■ **WHAT IS EXPECTED**:
Give again, word for word, each line below starting at the one that contains "PrevChain-same ws same p (x" and ending at the one that contains "init_list_head-IsQueue head m".

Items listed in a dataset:
Segment Open
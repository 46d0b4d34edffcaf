-- ===== src/ListHead/Queue.antt =====
-- The list that a `struct list_head` stands for, and each operation of list.c on it.
use mathlib.Core.List.{append-nil}
use so2_soa_fib.Common.{
  ◌≡◌, ◌≢◌, sym, ◌∙◌, some, List, [], ◌∷◌, ◌++◌, arith, ◌==◌, update, update_self, update_ne, Out,
  Distinct, Out-left, Out-right, Distinct-insert, Distinct-remove, Out-insert, Out-remove, Apart,
  is_empty,
}
use so2_soa_fib.ListHead.{
  Ptr, null, Links, init_list_head, list_add_between, list_add, list_add_tail, list_del, list_empty,
  list_first, list_is_last,
}
use so2_soa_fib.ListHead.Chain.{
  NextChain, PrevChain, first_of, last_of, ne-first_of, ne-last_of, NextChain-update,
  PrevChain-update, NextChain-first, PrevChain-last, NextChain-split, PrevChain-split,
  NextChain-remove, PrevChain-remove, NextChain-insert, PrevChain-insert,
}

-- `head` is the head of a circular list of the distinct nodes `xs`, in this order.
pub record IsQueue (m : Links) (head : Ptr) (xs : List Ptr) : Type 0 where
  pub nonnull : Out null (head ∷ xs)
  pub distinct : Distinct (head ∷ xs)
  pub forward : NextChain m.next head xs head
  pub backward : PrevChain m.prev head xs head

-- `n` has the pointers of `m` at every node outside `xs`.
abbrev pub SameOutside : List Ptr → Links → Links → Type 0
SameOutside xs m n = (a : Ptr) → Out a xs → (n.next a ≡ m.next a) × (n.prev a ≡ m.prev a)

-- The links after `__list_add`, and after `list_del`.
abbrev linked : Ptr → Ptr → Ptr → Links → Links
linked new prev next m = record {
  next = update (update m.next new next) prev new;
  prev = update (update m.prev next new) new prev;
}

abbrev unlinked : Ptr → Ptr → Ptr → Links → Links
unlinked x prev next m = record {
  next = update (update m.next prev next) x null;
  prev = update (update m.prev next prev) x null;
}

list_add_between-linked :
    (new prev next : Ptr) (m : Links)
    → null ≢ new
    → null ≢ prev
    → null ≢ next
    → list_add_between new prev next m ≡ some (linked new prev next m)
unfolding list_add_between
list_add_between-linked new prev next m a b c = ground arith

nonnull-ends :
    (head : Ptr) (ys zs : List Ptr)
    → Out null (head ∷ ys ++ zs)
    → (null ≢ last_of head ys) × (null ≢ first_of zs head)
nonnull-ends head ys zs h = (
  ne-last_of null head ys h.0 (Out-left null ys zs h.1),
  ne-first_of null head zs h.0 (Out-right null ys zs h.1),
)

module _ {m : Links} {head : Ptr} (new : Ptr) (ys zs : List Ptr) (is : IsQueue m head (ys ++ zs))
    (fresh : Out new (null ∷ head ∷ ys ++ zs)) where
  linked-IsQueue : IsQueue (linked new (last_of head ys) (first_of zs head) m) head (ys ++ new ∷ zs)
  linked-IsQueue = record {
    nonnull = (is.nonnull.0, Out-insert null new ys zs (λ e. fresh.0 (sym e)) is.nonnull.1);
    distinct = (
      Out-insert head new ys zs (λ e. fresh.1.0 (sym e)) is.distinct.0,
      Distinct-insert new ys zs fresh.1.1 is.distinct.1,
    );
    forward = NextChain-insert m.next head ys new zs head is.distinct fresh.1 is.forward;
    backward =
        PrevChain-insert m.prev head ys new zs head is.distinct.1 is.distinct.0 fresh.1.0 fresh.1.1
          is.backward;
  }

  linked-SameOutside :
      SameOutside (new ∷ head ∷ ys ++ zs) m (linked new (last_of head ys) (first_of zs head) m)
  linked-SameOutside a out = (
    update_ne _ _ _ (ne-last_of a head ys out.1.0 (Out-left a ys zs out.1.1))
        ∙ update_ne _ _ _ out.0,
    update_ne _ _ _ out.0
        ∙ update_ne _ _ _ (ne-first_of a head zs out.1.0 (Out-right a ys zs out.1.1)),
  )

  add_between-insert :
      (m' : Links) × (list_add_between new (last_of head ys) (first_of zs head) m ≡ some m')
      × IsQueue m' head (ys ++ new ∷ zs)
      × SameOutside (new ∷ head ∷ ys ++ zs) m m'
  add_between-insert = (
    linked new (last_of head ys) (first_of zs head) m,
    list_add_between-linked new _ _ m (λ e. fresh.0 (sym e)) (nonnull-ends head ys zs is.nonnull).0
        (nonnull-ends head ys zs is.nonnull).1,
    linked-IsQueue,
    linked-SameOutside,
  )

NextChain-same :
    {m n : Links} (ws : List Ptr)
    → SameOutside ws m n
    → (p : Ptr) (xs : List Ptr) (q : Ptr) → Apart (p ∷ xs) ws
    → NextChain m.next p xs q
    → NextChain n.next p xs q
NextChain-same ws same p [] q out c = (same p out.0).0 ∙ c
NextChain-same ws same p (x ∷ xs) q out c =
    ((same p out.0).0 ∙ c.0, NextChain-same ws same x xs q out.1 c.1)

PrevChain-same :
    {m n : Links} (ws : List Ptr)
    → SameOutside ws m n
    → (p : Ptr) (xs : List Ptr) (q : Ptr) → Out q ws
    → Apart xs ws
    → PrevChain m.prev p xs q
    → PrevChain n.prev p xs q
PrevChain-same ws same p [] q o out c = (same q o).1 ∙ c
PrevChain-same ws same p (x ∷ xs) q o out c =
    ((same x out.0).1 ∙ c.0, PrevChain-same ws same x xs q o out.1 c.1)

-- A list all of whose nodes keep their pointers is still the same list.
pub IsQueue-same :
    {m n : Links} {head : Ptr} {xs : List Ptr} (ws : List Ptr)
    → SameOutside ws m n
    → Apart (head ∷ xs) ws
    → IsQueue m head xs
    → IsQueue n head xs
IsQueue-same {head} {xs} ws same out is = record {
  nonnull = is.nonnull;
  distinct = is.distinct;
  forward = NextChain-same ws same head xs head out is.forward;
  backward = PrevChain-same ws same head xs head out.0 out.1 is.backward;
}

pub init_list_head-IsQueue :
    (head : Ptr) (m : Links)
    → null ≢ head
    → (m' : Links) × (init_list_head head m ≡ some m')
      × IsQueue m' head []
      × SameOutside (head ∷ []) m m'
unfolding init_list_head
init_list_head-IsQueue head m h = (
  record { next = update m.next head head; prev = update m.prev head head },
  ground arith,
  record {
    nonnull = (h, tt);
    distinct = (tt, tt);
    forward = update_self m.next head head;
    backward = update_self m.prev head head;
  },
  λ a out. (update_ne _ _ _ out.0, update_ne _ _ _ out.0),
)

-- `list_add` puts the node in front.
pub list_add-cons :
    {m : Links} {head : Ptr} (new : Ptr) (xs : List Ptr)
    → IsQueue m head xs
    → Out new (null ∷ head ∷ xs)
    → (m' : Links) × (list_add new head m ≡ some m')
      × IsQueue m' head (new ∷ xs)
      × SameOutside (new ∷ head ∷ xs) m m'
unfolding list_add
list_add-cons {m} {head} new xs is fresh =
    let (m', e, q, same) = add_between-insert new [] xs is fresh in
    let n = NextChain-first m.next head xs head is.forward in
    (m', ground (arith, is.nonnull.0), q, same)

-- `list_add_tail` puts the node at the end.
pub list_add_tail-append :
    {m : Links} {head : Ptr} (new : Ptr) (xs : List Ptr)
    → IsQueue m head xs
    → Out new (null ∷ head ∷ xs)
    → (m' : Links) × (list_add_tail new head m ≡ some m')
      × IsQueue m' head (xs ++ new ∷ [])
      × SameOutside (new ∷ head ∷ xs) m m'
unfolding list_add_tail
list_add_tail-append {m} {head} new xs is fresh =
    let (m', e, q, same) =
      add_between-insert {m = m} {head = head} new xs [] (rw append-nil is) (rw append-nil fresh) in
    let p = PrevChain-last m.prev head xs head is.backward in
    (m', ground (arith, is.nonnull.0), q, rw append-nil at same)

list_del-unlinked :
    (x prev next : Ptr) (m : Links)
    → null ≢ x
    → null ≢ prev
    → null ≢ next
    → m.prev x ≡ prev
    → m.next x ≡ next
    → list_del x m ≡ some (unlinked x prev next m)
unfolding list_del
list_del-unlinked x prev next m a b c p n = ground arith

-- `list_del` takes the node out, wherever it stands, and leaves both its pointers NULL.
pub list_del-remove :
    {m : Links} {head : Ptr} (ys : List Ptr) (x : Ptr) (zs : List Ptr)
    → IsQueue m head (ys ++ x ∷ zs)
    → (m' : Links) × (list_del x m ≡ some m')
      × IsQueue m' head (ys ++ zs)
      × (m'.next x ≡ null)
      × (m'.prev x ≡ null)
      × SameOutside (x ∷ head ∷ ys ++ zs) m m'
list_del-remove {m} {head} ys x zs is = (
  unlinked x (last_of head ys) (first_of zs head) m,
  list_del-unlinked x _ _ m out.0 (nonnull-ends head ys zs nonnull).0
      (nonnull-ends head ys zs nonnull).1 split.0
      (NextChain-first m.next x zs head (NextChain-split m.next head ys x zs head is.forward)),
  record {
    nonnull = nonnull;
    distinct = (apart, removed.1);
    forward =
        NextChain-update _ x null head (ys ++ zs) head (x_ne_head, removed.0)
          (NextChain-remove m.next head ys x zs head (apart, removed.1) is.forward);
    backward =
        PrevChain-update _ x null head (ys ++ zs) head x_ne_head removed.0
          (PrevChain-remove m.prev head ys x zs head removed.1 apart is.backward);
  },
  update_self _ x null,
  update_self _ x null,
  λ a o. (
    update_ne _ _ _ o.0 ∙ update_ne _ _ _ (ne-last_of a head ys o.1.0 (Out-left a ys zs o.1.1)),
    update_ne _ _ _ o.0 ∙ update_ne _ _ _ (ne-first_of a head zs o.1.0 (Out-right a ys zs o.1.1)),
  ),
)
  where
    out : Out null (x ∷ zs)
    out = Out-right null ys (x ∷ zs) is.nonnull.1

    nonnull : Out null (head ∷ ys ++ zs)
    nonnull = (is.nonnull.0, Out-remove null x ys zs is.nonnull.1)

    removed : Out x (ys ++ zs) × Distinct (ys ++ zs)
    removed = Distinct-remove x ys zs is.distinct.1

    apart : Out head (ys ++ zs)
    apart = Out-remove head x ys zs is.distinct.0

    x_ne_head : x ≢ head
    x_ne_head = λ e. (Out-right head ys (x ∷ zs) is.distinct.0).0 (sym e)

    split : (m.prev x ≡ last_of head ys) × PrevChain m.prev x zs head
    split = PrevChain-split m.prev head ys x zs head is.backward

pub list_empty-is_empty :
    {m : Links} {head : Ptr} (xs : List Ptr)
    → IsQueue m head xs
    → list_empty head m ≡ some (is_empty xs)
unfolding list_empty
list_empty-is_empty [] is = ground (arith, is.nonnull.0)
list_empty-is_empty (x ∷ xs) is = ground (arith, is.nonnull.0, is.distinct.0.0)

pub list_first-first_of :
    {m : Links} {head : Ptr} (xs : List Ptr)
    → IsQueue m head xs
    → list_first head m ≡ some (first_of xs head)
unfolding list_first
list_first-first_of {m} {head} xs is =
    ground (arith, is.nonnull.0, NextChain-first m.next head xs head is.forward)

first_of-eq-head :
    (head : Ptr) (zs : List Ptr) → Out head zs → (first_of zs head == head) ≡ is_empty zs
first_of-eq-head head [] out = ground arith
first_of-eq-head head (z ∷ zs) out = ground (arith, out.0)

pub list_is_last-is_empty :
    {m : Links} {head : Ptr} (ys : List Ptr) (x : Ptr) (zs : List Ptr)
    → IsQueue m head (ys ++ x ∷ zs)
    → list_is_last x head m ≡ some (is_empty zs)
unfolding list_is_last
list_is_last-is_empty {m} {head} ys x zs is =
    let n =
      NextChain-first m.next x zs head (NextChain-split m.next head ys x zs head is.forward) in
    let out = Out-right null ys (x ∷ zs) is.nonnull.1 in
    let apart = Out-right head ys (x ∷ zs) is.distinct.0 in
    ground (arith, n, out.0, first_of-eq-head head zs apart.1)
Segment Closed
■ **SOLUTION**:
PrevChain-same ws same p (x ∷ xs) q o out c =
    ((same x out.0).1 ∙ c.0, PrevChain-same ws same x xs q o out.1 c.1)

-- A list all of whose nodes keep their pointers is still the same list.
pub IsQueue-same :
    {m n : Links} {head : Ptr} {xs : List Ptr} (ws : List Ptr)
    → SameOutside ws m n
    → Apart (head ∷ xs) ws
    → IsQueue m head xs
    → IsQueue n head xs
IsQueue-same {head} {xs} ws same out is = record {
  nonnull = is.nonnull;
  distinct = is.distinct;
  forward = NextChain-same ws same head xs head out is.forward;
  backward = PrevChain-same ws same head xs head out.0 out.1 is.backward;
}

pub init_list_head-IsQueue :
    (head : Ptr) (m : Links)
    → null ≢ head
    → (m' : Links) × (init_list_head head m ≡ some m')
      × IsQueue m' head []
      × SameOutside (head ∷ []) m m'
unfolding init_list_head
init_list_head-IsQueue head m h = (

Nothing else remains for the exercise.